## REQUIRED WORK:
For this exercise, return exactly the lines of the material below that begin at the one with "pub IsBytes-write : (m" and stop after the one with "IsBytes-writes (write m".

>>

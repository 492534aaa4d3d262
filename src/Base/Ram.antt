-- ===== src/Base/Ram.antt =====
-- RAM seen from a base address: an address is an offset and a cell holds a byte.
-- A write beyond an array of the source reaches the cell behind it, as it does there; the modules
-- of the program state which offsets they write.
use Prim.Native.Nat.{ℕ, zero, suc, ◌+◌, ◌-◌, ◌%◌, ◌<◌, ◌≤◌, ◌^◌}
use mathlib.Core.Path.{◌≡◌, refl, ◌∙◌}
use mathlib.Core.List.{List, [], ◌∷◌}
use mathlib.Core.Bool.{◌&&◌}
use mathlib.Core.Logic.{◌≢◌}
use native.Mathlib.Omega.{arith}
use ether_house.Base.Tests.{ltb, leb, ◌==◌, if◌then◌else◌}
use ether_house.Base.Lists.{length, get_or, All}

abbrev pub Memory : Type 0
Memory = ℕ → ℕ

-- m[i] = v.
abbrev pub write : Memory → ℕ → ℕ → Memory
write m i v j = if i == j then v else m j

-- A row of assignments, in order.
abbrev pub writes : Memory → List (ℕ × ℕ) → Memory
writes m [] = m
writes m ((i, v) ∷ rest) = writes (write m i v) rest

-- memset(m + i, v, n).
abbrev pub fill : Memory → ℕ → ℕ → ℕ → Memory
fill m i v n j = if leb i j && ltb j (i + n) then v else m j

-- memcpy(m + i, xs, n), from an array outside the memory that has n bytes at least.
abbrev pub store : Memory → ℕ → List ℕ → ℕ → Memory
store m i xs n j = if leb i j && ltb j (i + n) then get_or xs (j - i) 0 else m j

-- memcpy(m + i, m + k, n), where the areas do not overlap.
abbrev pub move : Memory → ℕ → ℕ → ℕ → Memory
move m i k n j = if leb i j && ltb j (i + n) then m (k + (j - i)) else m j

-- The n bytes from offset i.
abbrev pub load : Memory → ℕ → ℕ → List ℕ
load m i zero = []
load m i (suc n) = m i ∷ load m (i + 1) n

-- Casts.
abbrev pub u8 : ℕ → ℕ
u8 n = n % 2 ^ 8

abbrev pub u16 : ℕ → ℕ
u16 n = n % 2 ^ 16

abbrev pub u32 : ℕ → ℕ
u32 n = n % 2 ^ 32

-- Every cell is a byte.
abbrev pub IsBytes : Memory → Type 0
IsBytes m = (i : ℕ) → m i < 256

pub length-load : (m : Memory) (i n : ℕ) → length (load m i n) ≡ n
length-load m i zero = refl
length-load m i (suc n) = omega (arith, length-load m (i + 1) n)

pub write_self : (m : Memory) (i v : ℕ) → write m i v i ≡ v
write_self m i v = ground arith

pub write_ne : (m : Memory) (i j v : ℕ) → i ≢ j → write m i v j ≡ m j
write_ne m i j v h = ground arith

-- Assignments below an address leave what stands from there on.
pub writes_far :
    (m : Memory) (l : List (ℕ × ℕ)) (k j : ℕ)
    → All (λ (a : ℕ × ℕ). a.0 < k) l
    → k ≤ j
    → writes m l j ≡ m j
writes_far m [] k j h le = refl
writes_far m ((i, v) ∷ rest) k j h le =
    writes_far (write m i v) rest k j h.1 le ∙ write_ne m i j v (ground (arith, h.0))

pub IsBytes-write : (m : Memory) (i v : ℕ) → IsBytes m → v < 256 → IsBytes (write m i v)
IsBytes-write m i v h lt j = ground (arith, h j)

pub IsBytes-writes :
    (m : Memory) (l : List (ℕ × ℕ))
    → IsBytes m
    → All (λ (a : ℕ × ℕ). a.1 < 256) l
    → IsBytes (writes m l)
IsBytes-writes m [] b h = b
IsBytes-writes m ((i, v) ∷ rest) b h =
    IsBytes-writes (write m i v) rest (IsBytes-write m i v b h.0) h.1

<<
>>

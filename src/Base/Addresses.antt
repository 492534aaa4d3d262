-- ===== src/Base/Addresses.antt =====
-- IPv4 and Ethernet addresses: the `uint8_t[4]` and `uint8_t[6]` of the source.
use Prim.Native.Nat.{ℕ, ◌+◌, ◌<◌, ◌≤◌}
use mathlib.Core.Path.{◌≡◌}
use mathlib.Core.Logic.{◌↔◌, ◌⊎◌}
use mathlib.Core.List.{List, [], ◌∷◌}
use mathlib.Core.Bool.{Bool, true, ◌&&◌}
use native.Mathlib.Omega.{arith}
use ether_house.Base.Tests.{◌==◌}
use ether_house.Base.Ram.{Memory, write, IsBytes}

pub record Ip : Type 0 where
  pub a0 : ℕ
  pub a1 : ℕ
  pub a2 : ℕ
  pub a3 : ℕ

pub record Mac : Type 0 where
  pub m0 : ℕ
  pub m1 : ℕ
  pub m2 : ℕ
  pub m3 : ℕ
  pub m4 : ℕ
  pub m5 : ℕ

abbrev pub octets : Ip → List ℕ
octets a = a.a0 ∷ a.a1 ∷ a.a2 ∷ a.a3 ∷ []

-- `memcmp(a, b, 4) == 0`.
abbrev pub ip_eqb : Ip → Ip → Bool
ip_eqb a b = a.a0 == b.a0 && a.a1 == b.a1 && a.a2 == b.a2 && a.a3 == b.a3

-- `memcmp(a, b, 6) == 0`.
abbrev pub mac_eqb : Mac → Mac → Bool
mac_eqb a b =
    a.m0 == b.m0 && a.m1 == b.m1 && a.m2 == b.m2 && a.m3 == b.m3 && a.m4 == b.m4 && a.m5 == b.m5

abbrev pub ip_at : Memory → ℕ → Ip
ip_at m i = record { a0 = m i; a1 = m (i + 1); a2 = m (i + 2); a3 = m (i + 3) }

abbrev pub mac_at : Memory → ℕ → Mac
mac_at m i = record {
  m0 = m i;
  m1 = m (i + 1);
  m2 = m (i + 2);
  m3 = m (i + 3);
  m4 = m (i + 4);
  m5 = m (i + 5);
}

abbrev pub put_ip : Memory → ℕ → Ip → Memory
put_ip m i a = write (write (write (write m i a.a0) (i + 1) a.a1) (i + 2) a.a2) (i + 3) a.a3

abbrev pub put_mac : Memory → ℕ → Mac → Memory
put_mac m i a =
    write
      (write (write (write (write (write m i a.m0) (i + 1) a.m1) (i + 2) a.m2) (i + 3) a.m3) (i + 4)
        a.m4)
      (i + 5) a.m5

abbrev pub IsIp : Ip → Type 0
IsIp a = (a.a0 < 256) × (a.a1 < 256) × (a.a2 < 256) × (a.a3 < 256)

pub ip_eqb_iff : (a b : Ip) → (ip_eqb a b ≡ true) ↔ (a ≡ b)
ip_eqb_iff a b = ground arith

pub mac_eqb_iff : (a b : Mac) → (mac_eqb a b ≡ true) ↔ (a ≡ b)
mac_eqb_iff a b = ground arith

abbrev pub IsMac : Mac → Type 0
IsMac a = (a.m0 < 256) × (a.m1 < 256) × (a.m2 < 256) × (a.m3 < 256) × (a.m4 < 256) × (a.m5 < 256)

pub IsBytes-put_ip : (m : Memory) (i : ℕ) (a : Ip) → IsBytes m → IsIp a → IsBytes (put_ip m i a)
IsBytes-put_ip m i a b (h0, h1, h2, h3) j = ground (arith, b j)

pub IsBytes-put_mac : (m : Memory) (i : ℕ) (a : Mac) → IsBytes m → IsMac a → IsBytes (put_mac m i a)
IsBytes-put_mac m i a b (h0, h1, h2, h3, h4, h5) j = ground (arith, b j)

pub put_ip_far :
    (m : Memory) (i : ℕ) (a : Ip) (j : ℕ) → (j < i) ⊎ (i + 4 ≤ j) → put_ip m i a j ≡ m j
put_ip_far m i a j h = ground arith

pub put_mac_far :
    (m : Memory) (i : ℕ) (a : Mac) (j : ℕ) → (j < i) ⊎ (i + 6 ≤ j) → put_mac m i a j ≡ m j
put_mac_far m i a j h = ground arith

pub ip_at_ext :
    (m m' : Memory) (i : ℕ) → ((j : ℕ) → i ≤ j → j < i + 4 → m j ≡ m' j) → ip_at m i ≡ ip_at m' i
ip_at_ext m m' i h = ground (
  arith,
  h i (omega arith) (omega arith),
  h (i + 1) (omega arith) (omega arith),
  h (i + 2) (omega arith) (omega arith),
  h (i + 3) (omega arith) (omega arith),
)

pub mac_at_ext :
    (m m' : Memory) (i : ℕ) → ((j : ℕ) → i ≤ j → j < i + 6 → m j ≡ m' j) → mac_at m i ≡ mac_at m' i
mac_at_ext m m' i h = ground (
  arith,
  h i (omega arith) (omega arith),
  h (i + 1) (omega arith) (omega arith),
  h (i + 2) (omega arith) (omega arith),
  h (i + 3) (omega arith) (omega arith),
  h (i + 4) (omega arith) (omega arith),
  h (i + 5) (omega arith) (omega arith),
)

<<
>>

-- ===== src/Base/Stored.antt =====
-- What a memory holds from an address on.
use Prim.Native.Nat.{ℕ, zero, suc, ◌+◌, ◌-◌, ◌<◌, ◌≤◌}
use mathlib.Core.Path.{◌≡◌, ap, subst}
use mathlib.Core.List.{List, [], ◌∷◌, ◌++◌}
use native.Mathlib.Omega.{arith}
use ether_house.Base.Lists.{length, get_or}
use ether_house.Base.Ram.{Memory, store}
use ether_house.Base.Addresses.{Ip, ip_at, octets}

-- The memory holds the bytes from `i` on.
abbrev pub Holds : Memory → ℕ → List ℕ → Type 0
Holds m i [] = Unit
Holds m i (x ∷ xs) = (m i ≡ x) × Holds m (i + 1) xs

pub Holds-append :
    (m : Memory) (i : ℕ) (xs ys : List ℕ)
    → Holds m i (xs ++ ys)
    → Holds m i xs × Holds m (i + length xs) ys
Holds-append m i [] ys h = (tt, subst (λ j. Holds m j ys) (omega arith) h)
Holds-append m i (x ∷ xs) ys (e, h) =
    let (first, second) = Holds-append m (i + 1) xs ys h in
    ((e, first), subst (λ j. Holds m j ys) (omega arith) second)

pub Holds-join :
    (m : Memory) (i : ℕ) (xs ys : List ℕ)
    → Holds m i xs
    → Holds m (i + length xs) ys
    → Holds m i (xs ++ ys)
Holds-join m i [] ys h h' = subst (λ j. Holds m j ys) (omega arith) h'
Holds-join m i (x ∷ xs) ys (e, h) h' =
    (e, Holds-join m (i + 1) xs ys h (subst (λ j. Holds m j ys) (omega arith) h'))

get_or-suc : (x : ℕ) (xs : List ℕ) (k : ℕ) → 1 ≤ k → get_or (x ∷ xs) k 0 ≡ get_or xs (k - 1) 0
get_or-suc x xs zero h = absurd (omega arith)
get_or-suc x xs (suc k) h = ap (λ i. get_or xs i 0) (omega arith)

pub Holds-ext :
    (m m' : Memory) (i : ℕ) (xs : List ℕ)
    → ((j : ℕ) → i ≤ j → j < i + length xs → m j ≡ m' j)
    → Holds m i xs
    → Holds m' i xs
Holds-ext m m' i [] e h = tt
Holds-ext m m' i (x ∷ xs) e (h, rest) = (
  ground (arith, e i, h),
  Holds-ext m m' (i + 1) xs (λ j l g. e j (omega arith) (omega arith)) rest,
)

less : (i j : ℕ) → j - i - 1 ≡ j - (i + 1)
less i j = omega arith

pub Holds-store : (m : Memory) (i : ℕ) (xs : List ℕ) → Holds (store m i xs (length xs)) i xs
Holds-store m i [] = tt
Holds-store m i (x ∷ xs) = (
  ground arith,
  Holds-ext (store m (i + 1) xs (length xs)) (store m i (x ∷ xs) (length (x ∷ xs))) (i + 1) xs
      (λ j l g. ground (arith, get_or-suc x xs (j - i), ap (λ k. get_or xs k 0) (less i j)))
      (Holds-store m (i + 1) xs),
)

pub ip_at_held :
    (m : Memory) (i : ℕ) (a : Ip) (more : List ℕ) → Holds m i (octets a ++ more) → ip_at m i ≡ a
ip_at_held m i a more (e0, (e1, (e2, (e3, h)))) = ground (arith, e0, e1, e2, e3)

<<

## WORKED SOLUTION:
pub IsBytes-write : (m : Memory) (i v : ℕ) → IsBytes m → v < 256 → IsBytes (write m i v)
IsBytes-write m i v h lt j = ground (arith, h j)

pub IsBytes-writes :
    (m : Memory) (l : List (ℕ × ℕ))
    → IsBytes m
    → All (λ (a : ℕ × ℕ). a.1 < 256) l
    → IsBytes (writes m l)
IsBytes-writes m [] b h = b
IsBytes-writes m ((i, v) ∷ rest) b h =
    IsBytes-writes (write m i v) rest (IsBytes-write m i v b h.0) h.1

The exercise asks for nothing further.